/pegex

Regular PEGs - like regular expressions but prefix notation and possessive behaviour - in C(++)

Primary LanguageC++MIT LicenseMIT

pegexp

Pegular expressions, aka Pegexp, formally "regular PEGs". Possessive regular expressions using prefix operators. Like regular expressions but prefix notation and possessive behaviour. In C(++)

Operators

^
start of the input or start of any line
$
end of the input or the end of any line
.
any character, including a newline
?
Zero or one of the following expression
*
Zero or more of the following expression
+
One or more of the following expression
(expr)
Group subexpressions (does not imply capture)
|A|B...
Either A or B (or ...). Note that the first alternative has a preceding |
&A
Continue only if A succeeds
!A
Continue only if A fails
anychar
match that non-operator character
\char
match the escaped character (including any operator, \0 \b \e \f \n \r \t, and any other char)
\177
match the specified octal character
\xXX
match the specified hexadecimal (0-9a-fA-F)
\x{1-2}
match the specified hexadecimal (0-9a-fA-F)
\u12345
match the specified 1-5 digit Unicode character (only if compiled for Unicode support)
\u{1-5}
match the specified 1-5 digit Unicode character (only if compiled for Unicode support)
[a-z]
Normal character class (a literal hyphen may occur at start)
[^a-z]
Negated character class. Characters may include the \escapes listed above

NOT YET IMPLEMENTED:

{n,m}
match from n (default 0) to m (default unlimited) repetitions of the following expression.
<name>
Call the callout function passing the specified name.
Captures.

Note:

Possessive alternates and possessive repetition will never backtrack.
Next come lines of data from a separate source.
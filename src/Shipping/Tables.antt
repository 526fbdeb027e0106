-- ===== src/Shipping/Tables.antt =====
-- The rows that the shipping module reads and writes (apps/api/prisma/schema.prisma: Shipment,
-- ShipmentItem, ShipmentHistory, ShippingWebhookLog), beside those of the orders. Amounts are
-- Decimal(20, 4), counted in ten-thousandths; payloads, sizes and metadata are left out.
use smart_light.Prelude.{ℕ, suc, ℤ, String, Bool, List, Option, Action, ok}
use smart_light.Orders.Tables.{Address, OrderTables}
use smart_light.Shipping.Status.{ShipmentStatus, ShippingProvider, ShipmentEvent, ShippingError}

pub record Shipment : Type 0 where
  pub id : ℕ
  pub shipment_number : String
  pub order_id : ℕ
  pub user_id : ℕ
  pub provider : ShippingProvider
  pub status : ShipmentStatus
  pub tracking_number : Option String
  pub shipping_fee : ℤ
  pub cod_amount : ℤ
  pub weight_grams : ℤ
  pub ship_to : Address
  pub provider_order_code : Option String
  pub label_url : Option String
  pub estimated_delivery_at : Option ℕ
  pub shipped_at : Option ℕ
  pub picked_up_at : Option ℕ
  pub delivered_at : Option ℕ
  pub returned_at : Option ℕ
  pub cancelled_at : Option ℕ
  pub failure_reason : Option String
  pub notes : Option String

pub record ShipmentItem : Type 0 where
  pub shipment_id : ℕ
  pub order_item_id : ℕ
  pub product_variant_id : ℕ
  pub quantity : ℤ
  pub product_name_snapshot : String
  pub variant_name_snapshot : String
  pub sku_snapshot : String
  pub weight_grams_snapshot : ℤ

pub data ActorType : Type 0 where
  customer admin system webhook : ActorType

-- `newStatus` is set by every write.
pub record ShipmentHistory : Type 0 where
  pub shipment_id : ℕ
  pub event : ShipmentEvent
  pub old_status : Option ShipmentStatus
  pub new_status : ShipmentStatus
  pub actor_type : ActorType
  pub actor_id : Option ℕ
  pub actor_name : Option String
  pub message : Option String

-- The text of an event: the carrier's, or one that the service composes of the time of the call.
pub data EventId : Type 0 where
  event : String → EventId
  -- `unknown-${Date.now()}`
  unknown_at : ℕ → EventId
  -- `${shipment.id}-${Date.now()}`
  shipment_at : ℕ → ℕ → EventId

pub record ShippingWebhookLog : Type 0 where
  pub id : ℕ
  pub provider : ShippingProvider
  pub event_id : EventId
  pub event_type : Option String
  pub processed : Bool
  pub error_message : Option String

-- The newest row of a table stands first.
pub record ShippingTables : Type 0 where
  pub orders : OrderTables
  pub shipment : List Shipment
  pub shipment_item : List ShipmentItem
  pub shipment_history : List ShipmentHistory
  pub shipping_webhook_log : List ShippingWebhookLog
  -- `@default(cuid())`: the next id that is given out
  pub next_id : ℕ

abbrev pub Ship : Type 0 → Type 0
Ship A = Action ShippingTables ShippingError A

-- The id of a row that is created.
abbrev pub new_id : Ship ℕ
new_id db = ok db.next_id (record db { next_id = suc db.next_id })
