-- ===== src/Shipping/Service.antt =====
-- modules/shipping/repositories/shipping.repository.ts, and the reads of modules/shipping/service.ts.
pub mod Transition
pub mod Webhook
pub mod Create
use mathlib.Core.List.{reverse}
use smart_light.Prelude.{
  ℕ, String, str_eq, Bool, true, false, ◌&&◌, not, List, ◌∷◌, Option, none, some, ◌==◌, ok, err,
  modify, if◌then◌else◌,
}
use mathlib.Core.List.{reverse}
use smart_light.Table.{find_first, find_many, update}
use smart_light.Shipping.Status.{
  ShipmentStatus, delivered, returned, cancelled, ShippingError, shipment_not_found,
  unauthorized_shipment_access,
}
use smart_light.Shipping.Tables.{Shipment, ShipmentItem, ShipmentHistory, ShippingTables, Ship}

-- `findById`, and the reads of a transaction by the id
unfoldable pub find_by_id : ℕ → ShippingTables → Option Shipment
find_by_id id db = find_first (λ s. s.id == id) db.shipment

unfoldable pub find_by_id_for_user : ℕ → ℕ → ShippingTables → Option Shipment
find_by_id_for_user id user db = find_first (λ s. (s.id == id) && (s.user_id == user)) db.shipment

abbrev pub is_text : String → Option String → Bool
is_text s o = elim o [ none ↦ false | some x ↦ str_eq x s ]

unfoldable pub find_by_tracking_number : String → ShippingTables → Option Shipment
find_by_tracking_number n db = find_first (λ s. is_text n s.tracking_number) db.shipment

unfoldable pub find_by_provider_order_code : String → ShippingTables → Option Shipment
find_by_provider_order_code n db = find_first (λ s. is_text n s.provider_order_code) db.shipment

-- Neither delivered, returned nor cancelled.
abbrev pub is_open : ShipmentStatus → Bool
is_open delivered = false
is_open returned = false
is_open cancelled = false
is_open _ = true

unfoldable pub find_active_by_order_id : ℕ → ShippingTables → Option Shipment
find_active_by_order_id id db = find_first (λ s. (s.order_id == id) && is_open s.status) db.shipment

-- `updateShipment`, `tx.shipment.update`
abbrev pub set_shipment : ℕ → (Shipment → Shipment) → Ship (Unit {0})
set_shipment id f = modify λ db. record db { shipment = update (λ s. s.id == id) f db.shipment }

-- `createHistory`, `tx.shipmentHistory.create`
abbrev pub create_history : ShipmentHistory → Ship (Unit {0})
create_history h = modify λ db. record db { shipment_history = h ∷ db.shipment_history }

pub record ShipmentResponse : Type 0 where
  pub shipment : Shipment
  pub items : List ShipmentItem
  pub history : List ShipmentHistory

-- `mapToResponse`, with the rows that `fullInclude` reads along with the shipment; the
-- history is ordered by `createdAt`, the oldest entry first
unfoldable pub map_to_response : ShippingTables → Shipment → ShipmentResponse
map_to_response db s = record {
  shipment = s;
  items = find_many (λ i. i.shipment_id == s.id) db.shipment_item;
  history = reverse (find_many (λ h. h.shipment_id == s.id) db.shipment_history);
}

-- `requireShipment`, and `findShipment`, which has the same body
unfoldable pub require_shipment : ℕ → Ship ShipmentResponse
require_shipment id db = elim (find_by_id id db) [
  | some s ↦ ok (map_to_response db s) db
  | none ↦ err (shipment_not_found id) db
]

unfoldable pub find_shipment_for_user : ℕ → ℕ → Ship ShipmentResponse
find_shipment_for_user id user db = elim (find_by_id_for_user id user db) [
  | some s ↦ ok (map_to_response db s) db
  | none ↦ elim (find_by_id id db) [
    | some _ ↦ err (unauthorized_shipment_access id user) db
    | none ↦ err (shipment_not_found id) db
  ]
]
Once an alternate has matched, no subsequent alternative will be tried in that group. Once a repetition has been made, it will never be unwound. It is your responsibility to ensure these possessive operators never match unless it's final. You should use negative assertions to control inappropriate greed.

Example

const char*	text = "abcdeefcdcddcf";
const char*	search = text;
Pegex<>		pegexp("+(!(dc)[a-e][c-f])");

int		length = pegexp.match(search);
if (length >= 0)
	printf("%.*s\n", length, search);

Prints:

bcdeefcdcd

Explanation:

+	One of more repetitions of the following group
(	Start group
!(dc)	Negative assertion: fail (and stop repeating) if we're looking at "dc"
[a-e]	Any character from a to e inclusive
[c-f]	Any character from c to f inclusive
)	end of group

LICENSE

The MIT License. See the LICENSE file for details.